My Family Is Getting a Dog, Because I Know It Will Benefit My Kids in This 1 Major Way
After much deliberation and an almost comical amount of debate (my husband isn't really a dog person), our family is finally getting a puppy. We pick up our golden retriever in 10 days, and we're deep into the preparation stage, readying ourselves mentally for the realities of living with a new "baby" (I like to say a puppy is like having a newborn in fast forward), buying supplies, and puppy-proofing our house.
My kids, ages 4-and-a-half and 7, are thrilled, my husband is cautiously optimistic, and I am equal parts excited and apprehensive, well aware that the majority of the work of caring for and training this puppy will fall on my already tense shoulders. But yet, I am confident that our family needs, yes, needs a dog.
He had broken the spell of her rage and helped her regain her calm, simply by being there when she needed him. How powerful is that?
Not just because I grew up with dogs and have so many fond childhood memories involving our family's fluff balls. Not just because I still believe that I have enough energy and love to give another living creature, despite my human children's attempts to emotionally suck me dry on many a day. Some twisted part of me believes that having another life to nurture might even make me a better mom. (Dogs relieve stress, right? Plus they don't talk back.) Mostly, though, I believe that a dog will benefit my kids, enriching their childhood by teaching them responsibility and empathy. It's easy to love a puppy, and it's even easier to love a dog who unconditionally loves you back.
As a test run for my kids-must-have-dog theory and dog ownership in general, we recently agreed to watch my parents' golden retriever and black lab for 10 days. If we could survive two big, albeit well-trained dogs, surely we could take on a puppy. The experience, much like parenting, was a mixed bag. There were more meals to serve, more poop to deal with, and more needs to cater to, thanks to our four-legged visitors. Then there was the late-night noise, whining, and general destructiveness — both from my kids and the dogs.

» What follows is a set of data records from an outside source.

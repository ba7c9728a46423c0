-- ===== src/Examples/Encoding.antt =====
-- rtl_designs/state_encoding.py at concrete inputs.
use htn_llm_rtl_gen.StateEncoding.{bit_length, code_width, encoding, follow, states_from}
use htn_llm_rtl_gen.StateEncoding.Width.{code_width_least}
use htn_llm_rtl_gen.StateEncoding.Chain.{Chain, states_from-eq-ok_iff, states_from-eq-cycle_iff}
use htn_llm_rtl_gen.Shared.{
  ℕ, ◌^◌, ◌≤◌, ◌≡◌, refl, ◌↔◌, List, [], ◌∷◌, arith, Dict, lookup, nat_eq, list_beq, list_eq,
  pair_eq, Str, codes, cycle, ok, err,
}

code_width_least_example :
    (1 ≤ code_width 10)
    × (10 ≤ 2 ^ code_width 10)
    × ((w : ℕ) → 1 ≤ w → 10 ≤ 2 ^ w → code_width 10 ≤ w)
code_width_least_example = code_width_least 10 (omega arith)

ten_states : code_width 10 ≡ 4
unfolding code_width bit_length
ten_states = refl

-- A, B, C
abbrev after_a : Dict Str Str
after_a = (codes "A", codes "B") ∷ (codes "B", codes "C") ∷ []

abbrev abc : List Str
abc = codes "A" ∷ codes "B" ∷ codes "C" ∷ []

walk_abc : states_from after_a (codes "A") ≡ ok abc
unfolding states_from follow lookup list_beq codes
walk_abc = refl

states_from-eq-ok_iff_example :
    (states_from after_a (codes "A") ≡ ok abc)
    ↔ ((rest : List Str) × Chain after_a (codes "A") rest × (abc ≡ codes "A" ∷ rest))
states_from-eq-ok_iff_example = states_from-eq-ok_iff after_a (codes "A") abc

-- A, B, A, ...
abbrev looping : Dict Str Str
looping = (codes "A", codes "B") ∷ (codes "B", codes "A") ∷ []

states_from-eq-cycle_iff_example :
    (states_from looping (codes "A") ≡ err cycle)
    ↔ (¬ ((rest : List Str) × Chain looping (codes "A") rest))
states_from-eq-cycle_iff_example = states_from-eq-cycle_iff looping (codes "A")

loop_raises : states_from looping (codes "A") ≡ err cycle
unfolding states_from follow lookup list_beq codes
loop_raises = refl

encode_abc : encoding (codes "m") abc ≡ (
  codes "n0 n1 n2 - value" ∷ codes "bits2 - width" ∷ [],
  codes "(state_width m bits2)"
      ∷ codes "(state_code A n0)"
      ∷ codes "(state_code B n1)"
      ∷ codes "(state_code C n2)"
      ∷ [],
)
unfolding encoding codes
encode_abc = refl
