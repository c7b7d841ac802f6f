-- ===== src/Tcpdns/Worker.antt =====
-- One worker of src/tcpdns.c: what its buffer holds after each event of its connection.
use nsproxy.Common.{
  ℕ, ◌+◌, ◌-◌, ◌≤◌, ◌<◌, ◌≡◌, refl, Bool, true, false, not, Option, none, some, List, [], ◌∷◌, ◌++◌,
  arith, ◌==◌, if◌then◌else◌, if_cases, length, length-append, length-drop,
}
use nsproxy.Skutils.{Ret, count, errno, Recv, bytes, failure, eagain, epollin, epollout, epollerr}
use nsproxy.Tcpdns.{
  TcpdnsWorker, buffer_size, WorkerTurn, WorkerCalls, stays, destroyed, u16_at_front, is_complete,
  worker_received, worker_input, worker_sent, worker_output, has, tcpdns_worker_handle_event,
  with_length,
}

-- A receive gives no more than there is room for.
pub record RecvLaws (recv : ℕ → Recv) : Type 0 where
  pub fits : (room : ℕ) (s : List ℕ) → recv room ≡ bytes s → length s ≤ room

-- The buffer has its bounds, and a worker is done exactly when its connection is gone and the message in
-- the buffer is complete.
pub record WorkerValid (w : TcpdnsWorker) : Type 0 where
  pub bounded : length w.buffer ≤ buffer_size
  pub open_until : w.proxy ≡ not w.done
  pub complete : w.done ≡ true → is_complete w.buffer ≡ true

-- What a turn leaves: nothing, or a valid worker that is done exactly if the eventfd was written.
abbrev pub OutcomeValid : Bool → Option TcpdnsWorker → Type 0
OutcomeValid noticed none = noticed ≡ false
OutcomeValid noticed (some w) = WorkerValid w × (w.done ≡ noticed)

abbrev pub TurnValid : WorkerTurn → Type 0
TurnValid t = OutcomeValid t.noticed t.worker

module _ (w : TcpdnsWorker) (v : WorkerValid w) (busy : w.done ≡ false) where
  stays_valid : TurnValid (stays w)
  stays_valid = (v, busy)

  received_valid :
      (notice : Bool) (s : List ℕ)
      → length s ≤ buffer_size - length w.buffer
      → TurnValid (worker_received notice (record w { buffer = w.buffer ++ s }))
  unfolding worker_received
  received_valid notice s h =
      if_cases TurnValid (is_complete (w.buffer ++ s)) _ _
        (λ whole.
          if_cases TurnValid notice _ destroyed
            (λ _. (record { bounded = fit; open_until = refl; complete = λ _. whole }, refl))
            (λ _. refl))
        (λ _. (
          record {
            bounded = fit;
            open_until = v.open_until;
            complete = λ d. ground (arith, d, busy);
          },
          busy,
        ))
    where
      fit : length (w.buffer ++ s) ≤ buffer_size
      fit = omega (arith, v.bounded, h, length-append w.buffer s)

  input_valid : (calls : WorkerCalls) → RecvLaws calls.recv → TurnValid (worker_input calls w)
  unfolding worker_input
  input_valid calls laws = by_answer (calls.recv (buffer_size - length w.buffer)) refl
    where
      by_answer :
          (r : Recv)
          → calls.recv (buffer_size - length w.buffer) ≡ r
          → TurnValid (elim r [
            | failure e ↦ if e == eagain then stays w else destroyed
            | bytes [] ↦ destroyed
            | bytes (b ∷ s) ↦
                worker_received calls.notice (record w { buffer = w.buffer ++ (b ∷ s) })
          ])
      by_answer (failure e) q =
          if_cases TurnValid (e == eagain) (stays w) destroyed (λ _. stays_valid) (λ _. refl)
      by_answer (bytes []) q = refl
      by_answer (bytes (b ∷ s)) q = received_valid calls.notice (b ∷ s) (laws.fits _ (b ∷ s) q)

  output_valid : (calls : WorkerCalls) → TurnValid (worker_output calls w)
  unfolding worker_output
  output_valid calls = by_answer (calls.send w.buffer)
    where
      by_answer :
          (r : Ret)
          → TurnValid (elim r [
            | errno e ↦ if e == eagain then stays w else destroyed
            | count n ↦ if n == 0 then destroyed else worker_sent n w
          ])
      by_answer (errno e) =
          if_cases TurnValid (e == eagain) (stays w) destroyed (λ _. stays_valid) (λ _. refl)
      by_answer (count n) =
          if_cases TurnValid (n == 0) destroyed (worker_sent n w) (λ _. refl)
            (λ _. (
              record {
                bounded = omega (arith, v.bounded, length-drop n w.buffer);
                open_until = v.open_until;
                complete = λ d. ground (arith, d, busy);
              },
              busy,
            ))

  pub event_valid :
      (calls : WorkerCalls) (event : ℕ)
      → RecvLaws calls.recv
      → TurnValid (tcpdns_worker_handle_event calls event w)
  unfolding tcpdns_worker_handle_event
  event_valid calls event laws =
      if_cases TurnValid (has event epollerr) destroyed _ (λ _. refl)
        (λ _.
          if_cases TurnValid (has event epollin) (worker_input calls w) _
            (λ _. input_valid calls laws)
            (λ _.
              if_cases TurnValid (has event epollout) (worker_output calls w) (stays w)
                (λ _. output_valid calls) (λ _. stays_valid)))

-- A query within the bound makes a valid worker, whose first bytes are its length.
pub with_length-WorkerValid :
    (s : List ℕ)
    → length s + 2 ≤ buffer_size
    → WorkerValid (record { proxy = true; buffer = with_length s; done = false })
with_length-WorkerValid s h = record {
  bounded = omega arith;
  open_until = refl;
  complete = λ d. cc (d);
}

-- The length that goes before a message, read back.
pub u16-with_length : (s : List ℕ) → length s < 65536 → u16_at_front (with_length s) ≡ length s
u16-with_length s h = omega arith
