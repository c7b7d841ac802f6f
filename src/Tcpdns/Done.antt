-- ===== src/Tcpdns/Done.antt =====
-- The workers of src/tcpdns.c that are done, and the search for the first.
use nsproxy.Common.{
  ℕ, suc, ◌+◌, ◌-◌, ◌≤◌, ◌≡◌, refl, sym, ap, ◌∙◌, inl, inr, true, false, some, List, [], ◌∷◌, ◌++◌,
  arith, leb, if◌then◌else◌, leb→le, Bool-cases, if_cases, length, take, drop, All, length-drop,
  take_all,
}
use nsproxy.Tcpdns.{TcpdnsWorker, first_done, without_first_done}
use nsproxy.Tcpdns.Worker.{WorkerValid}

abbrev pub count_done : List TcpdnsWorker → ℕ
count_done [] = 0
count_done (w ∷ ws) = (if w.done then 1 else 0) + count_done ws

pub count_done-append :
    (xs ys : List TcpdnsWorker) → count_done (xs ++ ys) ≡ count_done xs + count_done ys
count_done-append [] ys = omega arith
count_done-append (x ∷ xs) ys = omega (arith, count_done-append xs ys)

-- What a search for a worker that is done finds, among `suc n` of them.
pub record Found (ws : List TcpdnsWorker) (n : ℕ) : Type 0 where
  pub worker : TcpdnsWorker
  pub is_first : first_done ws ≡ some worker
  pub is_done : worker.done ≡ true
  pub valid : WorkerValid worker
  pub fewer : count_done (without_first_done ws) ≡ n
  pub others : All WorkerValid (without_first_done ws)

module _ (w : TcpdnsWorker) (ws : List TcpdnsWorker) where
  first_here :
      (n : ℕ)
      → WorkerValid w
      → All WorkerValid ws
      → w.done ≡ true
      → count_done (w ∷ ws) ≡ suc n
      → Found (w ∷ ws) n
  unfolding first_done without_first_done
  first_here n v vs d e =
      let taken : without_first_done (w ∷ ws) ≡ ws = simp d refl in
      record {
        worker = w;
        is_first = simp d refl;
        is_done = d;
        valid = v;
        fewer = ap count_done taken ∙ omega (arith, simp d at e);
        others = simp d vs;
      }

  first_later : (n : ℕ) → WorkerValid w → w.done ≡ false → Found ws n → Found (w ∷ ws) n
  unfolding first_done without_first_done
  first_later n v d f =
      let kept : without_first_done (w ∷ ws) ≡ w ∷ without_first_done ws = simp d refl in
      record {
        worker = f.worker;
        is_first = simp d f.is_first;
        is_done = f.is_done;
        valid = f.valid;
        fewer = ap count_done kept ∙ simp d (omega (arith, f.fewer));
        others = simp d (v, f.others);
      }

pub first_done_lem :
    (ws : List TcpdnsWorker) (n : ℕ) → All WorkerValid ws → count_done ws ≡ suc n → Found ws n
first_done_lem [] n v e = absurd (omega (arith, e))
first_done_lem (w ∷ ws) n (v, vs) e = elim (Bool-cases w.done) [
  | inl d ↦ first_here w ws n v vs d e
  | inr d ↦ first_later w ws n v d (first_done_lem ws n vs (omega (arith, simp d at e)))
]

pub le→leb : (a b : ℕ) → a ≤ b → leb a b ≡ true
le→leb a b h = ground arith

-- The answer, cut as the code does it.
pub cut_at :
    (s : List ℕ) (size : ℕ)
    → take (if leb (length s - 2) size then length s - 2 else size) (drop 2 s)
      ≡ take size (drop 2 s)
cut_at s size =
    if_cases (λ n. take n (drop 2 s) ≡ take size (drop 2 s)) (leb (length s - 2) size) _ _
      (λ h.
        take_all (length s - 2) (drop 2 s) (omega (arith, length-drop 2 s))
        ∙ sym (take_all size (drop 2 s) (omega (arith, length-drop 2 s, leb→le _ _ h))))
      (λ _. refl)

But one evening, during the witching hour that still occasionally turns my 7-year-old daughter into a raving lunatic, I learned that my instincts were correct. In the middle of a temper tantrum about something inconsequential that was apparently destroying her entire life, my parents' 18-month-old black lab, not usually the most affectionate pup, approached her gently. Considering the arm flailing and screaming, I was surprised he wasn't hiding under a chair, and I was interested to see what he would do next.
He began nudging her hand with his head, and when she responded by patting him, he started licking her arm. Almost instantly, it was as if he had pressed a pause button on her meltdown. She knelt down and buried her head in his neck, and he let her hold him for a minute or two. When they broke apart, the storm in her eyes had lifted. His quiet presence had quickly accomplished what my attempts at reasoning, pleading, and scolding could not. He had broken the spell of her rage and helped her regain her calm, simply by being there when she needed him. How powerful is that?